__Source material__:
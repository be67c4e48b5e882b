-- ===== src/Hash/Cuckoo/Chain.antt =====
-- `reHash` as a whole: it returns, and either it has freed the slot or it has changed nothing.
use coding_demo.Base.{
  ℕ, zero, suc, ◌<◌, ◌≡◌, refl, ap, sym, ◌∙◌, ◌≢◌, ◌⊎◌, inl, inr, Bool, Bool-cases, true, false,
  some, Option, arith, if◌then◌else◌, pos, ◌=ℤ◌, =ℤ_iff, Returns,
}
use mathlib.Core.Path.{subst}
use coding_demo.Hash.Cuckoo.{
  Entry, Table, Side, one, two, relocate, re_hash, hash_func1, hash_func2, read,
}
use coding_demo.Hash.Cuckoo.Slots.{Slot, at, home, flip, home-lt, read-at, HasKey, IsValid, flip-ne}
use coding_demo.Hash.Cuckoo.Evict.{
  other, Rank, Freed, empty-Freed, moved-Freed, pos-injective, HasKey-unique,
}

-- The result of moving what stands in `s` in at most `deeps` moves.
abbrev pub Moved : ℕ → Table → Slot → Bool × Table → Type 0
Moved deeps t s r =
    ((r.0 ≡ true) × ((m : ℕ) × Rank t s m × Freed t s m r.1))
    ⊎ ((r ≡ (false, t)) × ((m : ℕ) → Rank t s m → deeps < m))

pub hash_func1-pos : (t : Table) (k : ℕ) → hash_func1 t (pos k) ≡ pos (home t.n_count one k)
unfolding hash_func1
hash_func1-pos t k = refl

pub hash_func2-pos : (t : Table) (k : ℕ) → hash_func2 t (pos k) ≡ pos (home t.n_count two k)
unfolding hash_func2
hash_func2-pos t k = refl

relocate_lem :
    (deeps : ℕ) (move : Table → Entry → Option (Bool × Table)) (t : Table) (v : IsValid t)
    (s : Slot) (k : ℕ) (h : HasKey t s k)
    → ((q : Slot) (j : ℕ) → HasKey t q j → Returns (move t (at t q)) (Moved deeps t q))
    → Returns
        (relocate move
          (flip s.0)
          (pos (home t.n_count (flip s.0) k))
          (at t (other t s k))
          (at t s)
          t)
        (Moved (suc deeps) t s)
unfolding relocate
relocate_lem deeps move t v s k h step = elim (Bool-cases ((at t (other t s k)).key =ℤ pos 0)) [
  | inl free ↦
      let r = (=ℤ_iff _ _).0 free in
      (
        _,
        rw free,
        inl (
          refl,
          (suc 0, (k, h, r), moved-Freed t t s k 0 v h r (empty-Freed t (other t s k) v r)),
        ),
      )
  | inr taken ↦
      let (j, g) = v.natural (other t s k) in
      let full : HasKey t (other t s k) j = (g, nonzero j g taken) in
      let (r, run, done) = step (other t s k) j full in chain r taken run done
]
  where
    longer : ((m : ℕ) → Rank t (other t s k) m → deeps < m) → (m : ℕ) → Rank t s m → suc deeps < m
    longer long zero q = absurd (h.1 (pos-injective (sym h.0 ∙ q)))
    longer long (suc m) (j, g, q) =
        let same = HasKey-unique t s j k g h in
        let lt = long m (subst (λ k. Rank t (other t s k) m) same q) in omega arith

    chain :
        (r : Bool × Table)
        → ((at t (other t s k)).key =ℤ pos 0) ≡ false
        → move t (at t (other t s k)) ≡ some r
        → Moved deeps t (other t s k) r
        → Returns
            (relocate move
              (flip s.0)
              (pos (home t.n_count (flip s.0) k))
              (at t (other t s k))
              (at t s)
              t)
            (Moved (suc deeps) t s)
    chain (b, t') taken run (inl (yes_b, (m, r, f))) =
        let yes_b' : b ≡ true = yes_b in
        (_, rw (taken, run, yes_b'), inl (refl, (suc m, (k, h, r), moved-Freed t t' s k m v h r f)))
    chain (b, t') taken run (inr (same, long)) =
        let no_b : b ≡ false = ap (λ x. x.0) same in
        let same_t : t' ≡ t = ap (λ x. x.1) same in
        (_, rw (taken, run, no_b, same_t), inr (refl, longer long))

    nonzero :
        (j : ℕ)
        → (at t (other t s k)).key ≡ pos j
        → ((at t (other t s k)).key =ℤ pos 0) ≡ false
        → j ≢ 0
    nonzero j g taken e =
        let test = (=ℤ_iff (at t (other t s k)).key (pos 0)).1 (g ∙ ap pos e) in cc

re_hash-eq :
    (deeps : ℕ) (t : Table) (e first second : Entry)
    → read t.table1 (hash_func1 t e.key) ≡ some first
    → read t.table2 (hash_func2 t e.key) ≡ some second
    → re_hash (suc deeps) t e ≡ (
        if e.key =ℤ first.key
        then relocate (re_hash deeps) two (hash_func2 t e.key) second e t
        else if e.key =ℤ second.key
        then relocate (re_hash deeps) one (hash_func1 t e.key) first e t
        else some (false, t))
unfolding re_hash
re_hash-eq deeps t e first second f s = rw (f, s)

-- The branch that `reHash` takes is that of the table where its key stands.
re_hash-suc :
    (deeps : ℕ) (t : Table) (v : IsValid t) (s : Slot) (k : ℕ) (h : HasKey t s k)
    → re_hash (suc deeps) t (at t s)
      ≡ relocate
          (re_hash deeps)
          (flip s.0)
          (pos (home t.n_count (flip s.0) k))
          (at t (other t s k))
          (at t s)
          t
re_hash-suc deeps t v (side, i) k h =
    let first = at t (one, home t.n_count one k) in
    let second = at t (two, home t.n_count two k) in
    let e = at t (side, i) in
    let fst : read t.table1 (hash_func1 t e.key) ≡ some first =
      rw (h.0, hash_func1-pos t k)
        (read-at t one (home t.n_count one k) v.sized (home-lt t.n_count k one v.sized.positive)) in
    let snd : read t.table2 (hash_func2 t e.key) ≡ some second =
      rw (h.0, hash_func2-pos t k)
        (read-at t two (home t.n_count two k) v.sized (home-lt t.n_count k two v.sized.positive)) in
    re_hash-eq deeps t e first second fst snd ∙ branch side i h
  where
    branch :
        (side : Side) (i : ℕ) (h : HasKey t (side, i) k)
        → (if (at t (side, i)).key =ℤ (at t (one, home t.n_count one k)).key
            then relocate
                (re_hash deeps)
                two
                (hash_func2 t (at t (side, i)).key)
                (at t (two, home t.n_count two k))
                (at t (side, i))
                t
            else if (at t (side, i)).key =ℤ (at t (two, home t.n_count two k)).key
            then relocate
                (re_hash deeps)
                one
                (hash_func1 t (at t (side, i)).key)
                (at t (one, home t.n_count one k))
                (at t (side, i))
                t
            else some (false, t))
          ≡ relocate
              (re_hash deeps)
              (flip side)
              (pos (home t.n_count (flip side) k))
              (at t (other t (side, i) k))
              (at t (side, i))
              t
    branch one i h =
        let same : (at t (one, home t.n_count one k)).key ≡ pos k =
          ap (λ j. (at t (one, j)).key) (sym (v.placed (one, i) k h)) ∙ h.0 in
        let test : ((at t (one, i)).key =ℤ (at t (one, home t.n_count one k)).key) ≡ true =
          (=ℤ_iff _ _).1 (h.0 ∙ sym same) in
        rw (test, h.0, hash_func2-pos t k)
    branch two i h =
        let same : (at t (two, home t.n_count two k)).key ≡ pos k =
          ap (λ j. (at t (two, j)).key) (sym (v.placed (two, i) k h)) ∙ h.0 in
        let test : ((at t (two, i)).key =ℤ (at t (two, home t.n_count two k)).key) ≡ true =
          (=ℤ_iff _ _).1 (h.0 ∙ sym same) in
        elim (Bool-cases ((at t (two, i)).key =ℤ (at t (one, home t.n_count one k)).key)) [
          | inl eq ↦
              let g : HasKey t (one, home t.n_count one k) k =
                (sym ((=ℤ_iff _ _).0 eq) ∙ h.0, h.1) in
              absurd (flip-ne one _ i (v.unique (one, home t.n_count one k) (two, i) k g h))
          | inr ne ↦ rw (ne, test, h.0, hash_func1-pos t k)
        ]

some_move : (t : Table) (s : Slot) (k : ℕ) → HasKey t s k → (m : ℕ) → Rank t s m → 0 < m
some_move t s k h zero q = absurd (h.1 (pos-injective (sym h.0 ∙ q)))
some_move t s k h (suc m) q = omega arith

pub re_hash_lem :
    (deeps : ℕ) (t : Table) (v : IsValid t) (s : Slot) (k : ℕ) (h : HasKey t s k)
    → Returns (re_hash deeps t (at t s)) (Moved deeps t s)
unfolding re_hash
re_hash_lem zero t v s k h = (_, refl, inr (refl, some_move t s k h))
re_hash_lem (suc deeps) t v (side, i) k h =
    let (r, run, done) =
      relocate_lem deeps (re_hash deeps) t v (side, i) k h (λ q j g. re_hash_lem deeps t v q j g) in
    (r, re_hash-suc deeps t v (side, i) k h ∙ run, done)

__Directions__: Copy out every line of the data that includes the word "reHash".

__Solution to the problem__:
-- `reHash` as a whole: it returns, and either it has freed the slot or it has changed nothing.
-- The branch that `reHash` takes is that of the table where its key stands.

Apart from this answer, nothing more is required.